*Task prompt*: Locate the line bearing "length-with_task f (suc" in the material below, then reproduce it and each following line up to and including the line bearing "-- settled before".

····················

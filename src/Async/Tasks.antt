-- ===== src/Async/Tasks.antt =====
-- Tasks of src/async_rt.rs: a task that is settled stays as it is, and every timer that fires settles its
-- task.
use mathlib.Core.Option.{some-ne-none}
use mathlib.Core.Path.{subst}
use raytask.Async.Timers.{Timers, Timers-Ordered, take-count_due, until}
use raytask.Prelude.{sym}
use raytask.Prelude.{
  ℕ, zero, suc, ◌<◌, ◌≡◌, refl, ap, ◌∙◌, Option, some, List, [], ◌∷◌, ◌++◌, arith, get_elem?,
  length, Bool-cases, inl, inr, All, take,
}
use raytask.Prelude.Options.{◌>>=◌}
use raytask.Prelude.Text.{Str}
use raytask.Value.{Value}
use raytask.Async.{
  TaskState, TaskInner, Store, Outcome, outcome, result, settle, contains, waiting, with_task,
  complete_task, fail_task, cancel_task, add_waiter, TimerEntry, fire_all, count_due, fire_due,
}

-- What a handle's task has come to.
abbrev pub result_at : Store → ℕ → Option Outcome
result_at s task = get_elem? s task >>= λ t. result t

-- What the event loop does to the tasks.
pub data Step : Store → Store → Type 0 where
  spawn : {s : Store} (t : TaskInner) → Step s (s ++ t ∷ [])
  complete : {s : Store} (task : ℕ) (value : Value) → Step s (complete_task task value s).0
  fail : {s : Store} (task : ℕ) (message : Str) → Step s (fail_task task message s).0
  cancel : {s : Store} (task : ℕ) → Step s (cancel_task task s).0
  wait : {s : Store} (task co_id : ℕ) → Step s (add_waiter task co_id s)
  fire : {s : Store} (now : ℕ) (es : List TimerEntry) → Step s (fire_due now es s).1.0

pub data Steps : Store → Store → Type 0 where
  done : {s : Store} → Steps s s
  next : {s t u : Store} → Step s t → Steps t u → Steps s u

-- A function on a task that does not undo what the task has come to.
Keeps : (TaskInner → TaskInner × List ℕ) → Type 0
Keeps f = (t : TaskInner) (o : Outcome) → result t ≡ some o → result (f t).0 ≡ some o

settle-Keeps : (state : TaskState) → Keeps (settle state)
unfolding settle result Keeps
settle-Keeps state t o h = kept t.state refl
  where
    kept : (x : TaskState) → t.state ≡ x → result (settle state t).0 ≡ some o
    kept TaskState.pending e = absurd (some-ne-none o (sym h ∙ ap outcome e))
    kept (TaskState.ready value) e = rw e (sym (ap outcome e) ∙ h)
    kept (TaskState.failed message) e = rw e (sym (ap outcome e) ∙ h)

waiting-Keeps : (co_id : ℕ) → Keeps (λ t. (waiting co_id t, []))
unfolding waiting result Keeps
waiting-Keeps co_id t o h = elim (Bool-cases (contains co_id t.waiters)) [
  | inl there ↦ rw there h
  | inr new ↦ rw new h
]

with_task-Keeps :
    (f : TaskInner → TaskInner × List ℕ) (task : ℕ) (s : Store) (other : ℕ) (o : Outcome)
    → Keeps f
    → result_at s other ≡ some o
    → result_at (with_task f task s).0 other ≡ some o
unfolding with_task Keeps
with_task-Keeps f task [] other o k h = h
with_task-Keeps f zero (t ∷ ts) zero o k h = k t o h
with_task-Keeps f zero (t ∷ ts) (suc other) o k h = h
with_task-Keeps f (suc task) (t ∷ ts) zero o k h = h
with_task-Keeps f (suc task) (t ∷ ts) (suc other) o k h = with_task-Keeps f task ts other o k h

append-Keeps :
    (s : Store) (t : TaskInner) (other : ℕ) (o : Outcome)
    → result_at s other ≡ some o
    → result_at (s ++ t ∷ []) other ≡ some o
append-Keeps [] t other o h = absurd (some-ne-none o (sym h))
append-Keeps (x ∷ s) t zero o h = h
append-Keeps (x ∷ s) t (suc other) o h = append-Keeps s t other o h

fire_all-Keeps :
    (es : List TimerEntry) (s : Store) (other : ℕ) (o : Outcome)
    → result_at s other ≡ some o
    → result_at (fire_all es s).0 other ≡ some o
unfolding fire_all complete_task
fire_all-Keeps [] s other o h = h
fire_all-Keeps (e ∷ es) s other o h =
    fire_all-Keeps es _ other o (with_task-Keeps _ e.task s other o (settle-Keeps _) h)

Step-Keeps :
    {s t : Store} (other : ℕ) (o : Outcome)
    → Step s t
    → result_at s other ≡ some o
    → result_at t other ≡ some o
unfolding complete_task fail_task cancel_task add_waiter fire_due
Step-Keeps other o (Step.spawn {s} t) h = append-Keeps s t other o h
Step-Keeps other o (Step.complete {s} task value) h =
    with_task-Keeps _ task s other o (settle-Keeps _) h
Step-Keeps other o (Step.fail {s} task message) h =
    with_task-Keeps _ task s other o (settle-Keeps _) h
Step-Keeps other o (Step.cancel {s} task) h = with_task-Keeps _ task s other o (settle-Keeps _) h
Step-Keeps other o (Step.wait {s} task co_id) h =
    with_task-Keeps _ task s other o (waiting-Keeps co_id) h
Step-Keeps other o (Step.fire {s} now es) h =
    fire_all-Keeps (take (count_due now es) es) s other o h

-- The outcome of a task never changes: a task that is ready or has failed is so after any sequence of
-- completions, failures, cancellations, waits, timers and new tasks, with the same value or message.
pub Steps-result :
    {s t : Store} (task : ℕ) (o : Outcome)
    → Steps s t
    → result_at s task ≡ some o
    → result_at t task ≡ some o
Steps-result task o Steps.done h = h
Steps-result task o (Steps.next step steps) h = Steps-result task o steps (Step-Keeps task o step h)

-- A task that is ready or has failed.
pub record Settled (s : Store) (task : ℕ) : Type 0 where
  pub to : Outcome
  pub at : result_at s task ≡ some to

settle-Settled :
    (value : Value) (t : TaskInner) → Settled ((settle (TaskState.ready value) t).0 ∷ []) 0
unfolding settle result
settle-Settled value t = by_state t.state refl
  where
    by_state : (x : TaskState) → t.state ≡ x → Settled ((settle (TaskState.ready value) t).0 ∷ []) 0
    by_state TaskState.pending e = record { to = Outcome.ok value; at = rw e refl }
    by_state (TaskState.ready v) e = record { to = Outcome.ok v; at = rw e refl }
    by_state (TaskState.failed m) e = record { to = Outcome.err m; at = rw e refl }

complete_task-Settled :
    (task : ℕ) (value : Value) (s : Store)
    → task < length s
    → Settled (complete_task task value s).0 task
unfolding complete_task with_task
complete_task-Settled task value [] h = absurd (omega arith)
complete_task-Settled zero value (t ∷ ts) h =
    let now = settle-Settled value t in record { to = now.to; at = now.at }
complete_task-Settled (suc task) value (t ∷ ts) h =
    let later = complete_task-Settled task value ts (omega arith) in
    record { to = later.to; at = later.at }

length-with_task :
    (f : TaskInner → TaskInner × List ℕ) (task : ℕ) (s : Store)
    → length (with_task f task s).0 ≡ length s
unfolding with_task
length-with_task f task [] = refl
length-with_task f zero (t ∷ ts) = refl
length-with_task f (suc task) (t ∷ ts) = ap suc (length-with_task f task ts)

-- Every handle is of a task in the store.
abbrev pub AllIn : Store → List TimerEntry → Type 0
AllIn s es = All (λ e. e.task < length s) es

AllIn-same : (s t : Store) (es : List TimerEntry) → length t ≡ length s → AllIn s es → AllIn t es
AllIn-same s t [] h a = tt
AllIn-same s t (e ∷ es) h a = (omega (arith, a.0), AllIn-same s t es h a.1)

AllIn-take : (s : Store) (n : ℕ) (es : List TimerEntry) → AllIn s es → AllIn s (take n es)
AllIn-take s zero es a = tt
AllIn-take s (suc n) [] a = tt
AllIn-take s (suc n) (e ∷ es) a = (a.0, AllIn-take s n es a.1)

fire_all-Settled :
    (es : List TimerEntry) (s : Store) → AllIn s es → All (λ e. Settled (fire_all es s).0 e.task) es
unfolding fire_all
fire_all-Settled [] s a = tt
fire_all-Settled (e ∷ es) s a =
    let after_one = (complete_task e.task Value.null s).0 in
    let first = complete_task-Settled e.task Value.null s a.0 in
    let size : length after_one ≡ length s = unfold complete_task in length-with_task _ e.task s in
    (
      record { to = first.to; at = fire_all-Keeps es after_one e.task first.to first.at },
      fire_all-Settled es after_one (AllIn-same s after_one es size a.1),
    )

-- Every timer that is due when `fire_due` runs has its task settled by it, whether or not the task was
-- settled before and even if two timers share it.
pub fire_due-Settled :
    (now : ℕ) (es : List TimerEntry) (s : Store)
    → Timers es
    → AllIn s es
    → All (λ e. Settled (fire_due now es s).1.0 e.task) (until now es)
unfolding fire_due
fire_due-Settled now es s t a =
    let due = take (count_due now es) es in
    subst (λ l. All (λ e. Settled (fire_all due s).0 e.task) l)
      (take-count_due now es (Timers-Ordered t))
      (fire_all-Settled due s (AllIn-take s (count_due now es) es a))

····················

*Output below*:
length-with_task f (suc task) (t ∷ ts) = ap suc (length-with_task f task ts)

-- Every handle is of a task in the store.
abbrev pub AllIn : Store → List TimerEntry → Type 0
AllIn s es = All (λ e. e.task < length s) es

AllIn-same : (s t : Store) (es : List TimerEntry) → length t ≡ length s → AllIn s es → AllIn t es
AllIn-same s t [] h a = tt
AllIn-same s t (e ∷ es) h a = (omega (arith, a.0), AllIn-same s t es h a.1)

AllIn-take : (s : Store) (n : ℕ) (es : List TimerEntry) → AllIn s es → AllIn s (take n es)
AllIn-take s zero es a = tt
AllIn-take s (suc n) [] a = tt
AllIn-take s (suc n) (e ∷ es) a = (a.0, AllIn-take s n es a.1)

fire_all-Settled :
    (es : List TimerEntry) (s : Store) → AllIn s es → All (λ e. Settled (fire_all es s).0 e.task) es
unfolding fire_all
fire_all-Settled [] s a = tt
fire_all-Settled (e ∷ es) s a =
    let after_one = (complete_task e.task Value.null s).0 in
    let first = complete_task-Settled e.task Value.null s a.0 in
    let size : length after_one ≡ length s = unfold complete_task in length-with_task _ e.task s in
    (
      record { to = first.to; at = fire_all-Keeps es after_one e.task first.to first.at },
      fire_all-Settled es after_one (AllIn-same s after_one es size a.1),
    )

-- Every timer that is due when `fire_due` runs has its task settled by it, whether or not the task was
-- settled before and even if two timers share it.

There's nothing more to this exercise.